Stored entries
__________________________________________________

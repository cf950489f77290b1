-- ===== src/Digest/Rfc1321.antt =====
-- MD5 as RFC 1321 describes it, for messages that are a whole number of bytes.
use Prim.Native.Nat.{bit_or, bit_and, bit_xor}
use vader_langue.Prelude.{
  ℕ, zero, suc, ◌+◌, ◌-◌, ◌*◌, ◌/◌, ◌%◌, ◌^◌, List, [], ◌∷◌, ◌++◌, Bytes, length, get_or, ltb,
  if◌then◌else◌,
}
use vader_langue.Digest.Blocks.{hash_blocks, block_count, padded}
use vader_langue.Digest.Roots.{sine_word}
use vader_langue.Digest.Words.{left, complement, sum2, sum4, low_to_high}

-- The first `n` words of a block from byte `j` on, each with its lowest byte first.
unfoldable pub low_words : ℕ → ℕ → Bytes → List ℕ
low_words zero j b = []
low_words (suc n) j b =
    bit_or
      (bit_or (bit_or (get_or b j 0) (get_or b (j + 1) 0 * 2 ^ 8 % 2 ^ 32))
        (get_or b (j + 2) 0 * 2 ^ 16 % 2 ^ 32))
      (get_or b (j + 3) 0 * 2 ^ 24 % 2 ^ 32)
    ∷ low_words n (j + 4) b

pub record Registers : Type 0 where
  pub a : ℕ
  pub b : ℕ
  pub c : ℕ
  pub d : ℕ

abbrev pub fun_f : ℕ → ℕ → ℕ → ℕ
fun_f x y z = bit_or (bit_and x y) (bit_and (complement x) z)

abbrev pub fun_g : ℕ → ℕ → ℕ → ℕ
fun_g x y z = bit_or (bit_and z x) (bit_and (complement z) y)

abbrev pub fun_h : ℕ → ℕ → ℕ → ℕ
fun_h x y z = bit_xor (bit_xor x y) z

abbrev pub fun_i : ℕ → ℕ → ℕ → ℕ
fun_i x y z = bit_xor y (bit_or x (complement z))

-- One operation, `a = b + ((a + f(b, c, d) + X[k] + T[i]) <<< s)`, and the registers in their next order.
abbrev pub operation : (ℕ → ℕ → ℕ → ℕ) → ℕ → ℕ → ℕ → Registers → Registers
operation f x t s v = record {
  a = v.d;
  b = sum2 v.b (left s (sum4 v.a (f v.b v.c v.d) t x));
  c = v.b;
  d = v.c;
}

-- The four amounts that a round goes through in turn.
abbrev pub amount : List ℕ → ℕ → ℕ
amount four i = get_or four (i % 4) 0

-- What operation `i` of the 64, from 0 on, takes: its function, its word and its amount, for each of the
-- four rounds of 16.
abbrev pub fun_at : ℕ → ℕ → ℕ → ℕ → ℕ
fun_at i x y z =
    if ltb i 16
    then fun_f x y z
    else if ltb i 32
    then fun_g x y z
    else if ltb i 48
    then fun_h x y z
    else fun_i x y z

abbrev pub word_at : ℕ → ℕ
word_at i =
    if ltb i 16
    then i
    else if ltb i 32
    then (5 * i + 1) % 16
    else if ltb i 48
    then (3 * i + 5) % 16
    else 7 * i % 16

abbrev pub amount_at : ℕ → ℕ
amount_at i =
    if ltb i 16
    then amount (7 ∷ 12 ∷ 17 ∷ 22 ∷ []) i
    else if ltb i 32
    then amount (5 ∷ 9 ∷ 14 ∷ 20 ∷ []) i
    else if ltb i 48
    then amount (4 ∷ 11 ∷ 16 ∷ 23 ∷ []) i
    else amount (6 ∷ 10 ∷ 15 ∷ 21 ∷ []) i

-- T[i + 1] is the integer part of 2^32 times the absolute value of the sine of i + 1.
abbrev pub numbered : List ℕ → ℕ → Registers → Registers
numbered x i v = operation (fun_at i) (get_or x (word_at i) 0) (sine_word (i + 1)) (amount_at i) v

unfoldable pub operations : ℕ → ℕ → List ℕ → Registers → Registers
unfolding sine_word
operations zero i x v = v
operations (suc n) i x v = operations n (i + 1) x (numbered x i v)

unfoldable pub registers_block : Registers → Bytes → Registers
unfolding low_words operations
registers_block s b =
    let v = operations 64 0 (low_words 16 0 b) s in
    record { a = sum2 s.a v.a; b = sum2 s.b v.b; c = sum2 s.c v.c; d = sum2 s.d v.d }

abbrev pub registers_start : Registers
registers_start = record { a = 0x67452301; b = 0xefcdab89; c = 0x98badcfe; d = 0x10325476 }

abbrev pub registers_octets : Registers → Bytes
registers_octets v =
    low_to_high 4 v.a ++ (low_to_high 4 v.b ++ (low_to_high 4 v.c ++ low_to_high 4 v.d))

abbrev pub md5_of : Bytes → Bytes
md5_of s = registers_octets (
    hash_blocks registers_block (block_count (length s)) registers_start (padded (low_to_high 8) s))

-- Hexadecimal: for each byte the digit of its high half, and then that of its low half.
abbrev pub hexadecimal : ℕ → ℕ
hexadecimal n = if ltb n 10 then n + b'0' else n - 10 + b'a'

unfoldable pub hex_text : Bytes → Bytes
hex_text [] = []
hex_text (x ∷ s) = hexadecimal (x / 16) ∷ hexadecimal (x % 16) ∷ hex_text s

__________________________________________________

• _What needs to be done_
All lines above from the one containing "else 7 * i % 16" to the one containing "md5_of s = registers_octets" must be repeated exactly, both lines included, and no others.

• _Reply_
    else 7 * i % 16

abbrev pub amount_at : ℕ → ℕ
amount_at i =
    if ltb i 16
    then amount (7 ∷ 12 ∷ 17 ∷ 22 ∷ []) i
    else if ltb i 32
    then amount (5 ∷ 9 ∷ 14 ∷ 20 ∷ []) i
    else if ltb i 48
    then amount (4 ∷ 11 ∷ 16 ∷ 23 ∷ []) i
    else amount (6 ∷ 10 ∷ 15 ∷ 21 ∷ []) i

-- T[i + 1] is the integer part of 2^32 times the absolute value of the sine of i + 1.
abbrev pub numbered : List ℕ → ℕ → Registers → Registers
numbered x i v = operation (fun_at i) (get_or x (word_at i) 0) (sine_word (i + 1)) (amount_at i) v

unfoldable pub operations : ℕ → ℕ → List ℕ → Registers → Registers
unfolding sine_word
operations zero i x v = v
operations (suc n) i x v = operations n (i + 1) x (numbered x i v)

unfoldable pub registers_block : Registers → Bytes → Registers
unfolding low_words operations
registers_block s b =
    let v = operations 64 0 (low_words 16 0 b) s in
    record { a = sum2 s.a v.a; b = sum2 s.b v.b; c = sum2 s.c v.c; d = sum2 s.d v.d }

abbrev pub registers_start : Registers
registers_start = record { a = 0x67452301; b = 0xefcdab89; c = 0x98badcfe; d = 0x10325476 }

abbrev pub registers_octets : Registers → Bytes
registers_octets v =
    low_to_high 4 v.a ++ (low_to_high 4 v.b ++ (low_to_high 4 v.c ++ low_to_high 4 v.d))

abbrev pub md5_of : Bytes → Bytes
md5_of s = registers_octets (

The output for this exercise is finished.